Output the data below in full, byte for byte. Nothing may differ.
_ _ _
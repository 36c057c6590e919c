-- ===== src/Threading/MpscQueue/Links.antt =====
-- The two steps of `Enqueue` on the chain of nodes.
use warhead_fix.Base.{
  ℕ, ◌≡◌, refl, sym, ap, ◌∙◌, ◌≢◌, inl, inr, Option, none, some, List, [], ◌∷◌, ◌++◌, arith, ◌==◌,
  Bool-cases,
}
use warhead_fix.Threading.MpscQueue.{Node, Link, set}
use warhead_fix.Threading.MpscQueue.Chain.{
  NotIn, Holds, Points, Chain, last, linked, broken, set_same, Points-set, Holds-set, Chain-set,
}

-- `Pick x xs ys`: `ys` is `xs` without one element `x`, the others in their order.
pub data Pick {A : Type 0} : A → List A → List A → Type 0 where
  here : {x : A} {xs : List A} → Pick x (x ∷ xs) xs
  there : {x y : A} {xs ys : List A} → Pick x xs ys → Pick x (y ∷ xs) (y ∷ ys)

pub NotIn-concat : {p a : ℕ} (ns : List ℕ) → NotIn p ns → p ≢ a → NotIn p (ns ++ a ∷ [])
NotIn-concat [] h d = (d, tt)
NotIn-concat (n ∷ ns) (e, h) d = (e, NotIn-concat ns h d)

pub NotIn-append : {p a : ℕ} (ns : List ℕ) → NotIn p (ns ++ a ∷ []) → NotIn p ns × (p ≢ a)
NotIn-append [] h = (tt, h.0)
NotIn-append (n ∷ ns) (e, h) = let (k, d) = NotIn-append ns h in ((e, k), d)

module _ {T : Type 0} where
  is_free :
      {heap : ℕ → Option (Node T)} {p n : ℕ} {next : Option ℕ}
      → heap p ≡ none
      → Points heap n next
      → p ≢ n
  is_free {heap} free h e = let bad : none ≡ some h.cell = sym free ∙ ap heap e ∙ h.found in cc

  Holds-elsewhere :
      {heap : ℕ → Option (Node T)} {p m : ℕ} {x : T} → heap p ≡ none → Holds heap m x → p ≢ m
  Holds-elsewhere {heap} free k e =
      let bad : none ≡ some k.cell = sym free ∙ ap heap e ∙ k.found in cc

  -- The exchange puts a node behind the last one, and leaves a gap before it.
  pub exchange-Chain :
      {heap : ℕ → Option (Node T)} {n z : ℕ} {ns : List ℕ} {xs : List T} {gaps : List Link} (a : ℕ)
      (x : T)
      → heap a ≡ none
      → Chain heap n ns xs gaps z
      → Chain
          (set heap a (some (record { payload = some x; next = none })))
          n
          (ns ++ a ∷ [])
          (xs ++ x ∷ [])
          (gaps ++ record { prev_head = z; node = a } ∷ [])
          a
  exchange-Chain {heap} {n} a x free (last h) =
      broken (Points-set a (some (record { payload = some x; next = none })) (is_free free h) h)
        (record {
          cell = record { payload = some x; next = none };
          found = set_same heap a _;
          holds = refl;
        })
        ((λ e. is_free free h (sym e)), tt)
        (last (record {
          cell = record { payload = some x; next = none };
          found = set_same heap a _;
          points = refl;
        }))
  exchange-Chain a x free (linked {ns = ns} h k d t) =
      linked (Points-set a _ (is_free free h) h) (Holds-set a _ (Holds-elsewhere free k) k)
        (d.0, NotIn-concat ns d.1 (λ e. is_free free h (sym e))) (exchange-Chain a x free t)
  exchange-Chain a x free (broken {ns = ns} h k d t) =
      broken (Points-set a _ (is_free free h) h) (Holds-set a _ (Holds-elsewhere free k) k)
        (d.0, NotIn-concat ns d.1 (λ e. is_free free h (sym e))) (exchange-Chain a x free t)

  -- The node before a gap is one of the chain.
  pub gap_elsewhere :
      {heap : ℕ → Option (Node T)} {n z p : ℕ} {ns : List ℕ} {xs : List T} {gaps others : List Link}
      {l : Link}
      → NotIn p (n ∷ ns)
      → Chain heap n ns xs gaps z
      → Pick l gaps others
      → p ≢ l.prev_head
  gap_elsewhere (o, os) (last h) pick = elim pick [ ]
  gap_elsewhere (o, os) (linked h k d t) pick = gap_elsewhere os t pick
  gap_elsewhere (o, os) (broken h k d t) here = o
  gap_elsewhere (o, os) (broken h k d t) (there pick) = gap_elsewhere os t pick

  Holds-link :
      {heap : ℕ → Option (Node T)} {m : ℕ} {x : T} (p q : ℕ) (c : Node T)
      → heap p ≡ some c
      → Holds heap m x
      → Holds (set heap p (some (record c { next = some q }))) m x
  Holds-link {heap} {m} p q c found k = elim (Bool-cases (p == m)) [
    | inr other ↦ Holds-set p _ (λ e. absurd (ground (arith, e))) k
    | inl same ↦ record {
      cell = record c { next = some q };
      found = rw same refl;
      holds =
          let e : p ≡ m = ground arith in
          let cells : some c ≡ some k.cell = sym found ∙ ap heap e ∙ k.found in
          let eq : c ≡ k.cell = cc in ap (λ (d : Node T). d.payload) eq ∙ k.holds;
    }
  ]

  -- The link closes its gap, whichever it is.
  pub link-Chain :
      {heap : ℕ → Option (Node T)} {n z : ℕ} {ns : List ℕ} {xs : List T} {gaps others : List Link}
      {l : Link}
      → Chain heap n ns xs gaps z
      → Pick l gaps others
      → (c : Node T) × (heap l.prev_head ≡ some c)
        × Chain (set heap l.prev_head (some (record c { next = some l.node }))) n ns xs others z
  link-Chain (last h) pick = elim pick [ ]
  link-Chain {l} (linked h k d t) pick =
      let (c, found, t') = link-Chain t pick in
      let away = gap_elsewhere d t pick in
      (
        c,
        found,
        linked (Points-set l.prev_head _ (λ e. away (sym e)) h)
            (Holds-link l.prev_head l.node c found k) d t',
      )
  link-Chain {heap} (broken {n} {m} h k d t) here = (
    h.cell,
    h.found,
    linked
        (record {
          cell = record h.cell { next = some m };
          found = set_same heap n _;
          points = refl;
        })
        (Holds-set n _ d.0 k) d (Chain-set n _ d t),
  )
  link-Chain {l} (broken h k d t) (there pick) =
      let (c, found, t') = link-Chain t pick in
      let away = gap_elsewhere d t pick in
      (
        c,
        found,
        broken (Points-set l.prev_head _ (λ e. away (sym e)) h)
            (Holds-link l.prev_head l.node c found k) d t',
      )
_ _ _
§ **Solution for this exercise**:
repository 36c057c6590e919c
-- ===== src/Threading/MpscQueue/Links.antt =====
-- The two steps of `Enqueue` on the chain of nodes.
use warhead_fix.Base.{
  ℕ, ◌≡◌, refl, sym, ap, ◌∙◌, ◌≢◌, inl, inr, Option, none, some, List, [], ◌∷◌, ◌++◌, arith, ◌==◌,
  Bool-cases,
}
use warhead_fix.Threading.MpscQueue.{Node, Link, set}
use warhead_fix.Threading.MpscQueue.Chain.{
  NotIn, Holds, Points, Chain, last, linked, broken, set_same, Points-set, Holds-set, Chain-set,
}

-- `Pick x xs ys`: `ys` is `xs` without one element `x`, the others in their order.
pub data Pick {A : Type 0} : A → List A → List A → Type 0 where
  here : {x : A} {xs : List A} → Pick x (x ∷ xs) xs
  there : {x y : A} {xs ys : List A} → Pick x xs ys → Pick x (y ∷ xs) (y ∷ ys)

pub NotIn-concat : {p a : ℕ} (ns : List ℕ) → NotIn p ns → p ≢ a → NotIn p (ns ++ a ∷ [])
NotIn-concat [] h d = (d, tt)
NotIn-concat (n ∷ ns) (e, h) d = (e, NotIn-concat ns h d)

pub NotIn-append : {p a : ℕ} (ns : List ℕ) → NotIn p (ns ++ a ∷ []) → NotIn p ns × (p ≢ a)
NotIn-append [] h = (tt, h.0)
NotIn-append (n ∷ ns) (e, h) = let (k, d) = NotIn-append ns h in ((e, k), d)

module _ {T : Type 0} where
  is_free :
      {heap : ℕ → Option (Node T)} {p n : ℕ} {next : Option ℕ}
      → heap p ≡ none
      → Points heap n next
      → p ≢ n
  is_free {heap} free h e = let bad : none ≡ some h.cell = sym free ∙ ap heap e ∙ h.found in cc

  Holds-elsewhere :
      {heap : ℕ → Option (Node T)} {p m : ℕ} {x : T} → heap p ≡ none → Holds heap m x → p ≢ m
  Holds-elsewhere {heap} free k e =
      let bad : none ≡ some k.cell = sym free ∙ ap heap e ∙ k.found in cc

  -- The exchange puts a node behind the last one, and leaves a gap before it.
  pub exchange-Chain :
      {heap : ℕ → Option (Node T)} {n z : ℕ} {ns : List ℕ} {xs : List T} {gaps : List Link} (a : ℕ)
      (x : T)
      → heap a ≡ none
      → Chain heap n ns xs gaps z
      → Chain
          (set heap a (some (record { payload = some x; next = none })))
          n
          (ns ++ a ∷ [])
          (xs ++ x ∷ [])
          (gaps ++ record { prev_head = z; node = a } ∷ [])
          a
  exchange-Chain {heap} {n} a x free (last h) =
      broken (Points-set a (some (record { payload = some x; next = none })) (is_free free h) h)
        (record {
          cell = record { payload = some x; next = none };
          found = set_same heap a _;
          holds = refl;
        })
        ((λ e. is_free free h (sym e)), tt)
        (last (record {
          cell = record { payload = some x; next = none };
          found = set_same heap a _;
          points = refl;
        }))
  exchange-Chain a x free (linked {ns = ns} h k d t) =
      linked (Points-set a _ (is_free free h) h) (Holds-set a _ (Holds-elsewhere free k) k)
        (d.0, NotIn-concat ns d.1 (λ e. is_free free h (sym e))) (exchange-Chain a x free t)
  exchange-Chain a x free (broken {ns = ns} h k d t) =
      broken (Points-set a _ (is_free free h) h) (Holds-set a _ (Holds-elsewhere free k) k)
        (d.0, NotIn-concat ns d.1 (λ e. is_free free h (sym e))) (exchange-Chain a x free t)

  -- The node before a gap is one of the chain.
  pub gap_elsewhere :
      {heap : ℕ → Option (Node T)} {n z p : ℕ} {ns : List ℕ} {xs : List T} {gaps others : List Link}
      {l : Link}
      → NotIn p (n ∷ ns)
      → Chain heap n ns xs gaps z
      → Pick l gaps others
      → p ≢ l.prev_head
  gap_elsewhere (o, os) (last h) pick = elim pick [ ]
  gap_elsewhere (o, os) (linked h k d t) pick = gap_elsewhere os t pick
  gap_elsewhere (o, os) (broken h k d t) here = o
  gap_elsewhere (o, os) (broken h k d t) (there pick) = gap_elsewhere os t pick

  Holds-link :
      {heap : ℕ → Option (Node T)} {m : ℕ} {x : T} (p q : ℕ) (c : Node T)
      → heap p ≡ some c
      → Holds heap m x
      → Holds (set heap p (some (record c { next = some q }))) m x
  Holds-link {heap} {m} p q c found k = elim (Bool-cases (p == m)) [
    | inr other ↦ Holds-set p _ (λ e. absurd (ground (arith, e))) k
    | inl same ↦ record {
      cell = record c { next = some q };
      found = rw same refl;
      holds =
          let e : p ≡ m = ground arith in
          let cells : some c ≡ some k.cell = sym found ∙ ap heap e ∙ k.found in
          let eq : c ≡ k.cell = cc in ap (λ (d : Node T). d.payload) eq ∙ k.holds;
    }
  ]

  -- The link closes its gap, whichever it is.
  pub link-Chain :
      {heap : ℕ → Option (Node T)} {n z : ℕ} {ns : List ℕ} {xs : List T} {gaps others : List Link}
      {l : Link}
      → Chain heap n ns xs gaps z
      → Pick l gaps others
      → (c : Node T) × (heap l.prev_head ≡ some c)
        × Chain (set heap l.prev_head (some (record c { next = some l.node }))) n ns xs others z
  link-Chain (last h) pick = elim pick [ ]
  link-Chain {l} (linked h k d t) pick =
      let (c, found, t') = link-Chain t pick in
      let away = gap_elsewhere d t pick in
      (
        c,
        found,
        linked (Points-set l.prev_head _ (λ e. away (sym e)) h)
            (Holds-link l.prev_head l.node c found k) d t',
      )
  link-Chain {heap} (broken {n} {m} h k d t) here = (
    h.cell,
    h.found,
    linked
        (record {
          cell = record h.cell { next = some m };
          found = set_same heap n _;
          points = refl;
        })
        (Holds-set n _ d.0 k) d (Chain-set n _ d t),
  )
  link-Chain {l} (broken h k d t) (there pick) =
      let (c, found, t') = link-Chain t pick in
      let away = gap_elsewhere d t pick in
      (
        c,
        found,
        broken (Points-set l.prev_head _ (λ e. away (sym e)) h)
            (Holds-link l.prev_head l.node c found k) d t',
      )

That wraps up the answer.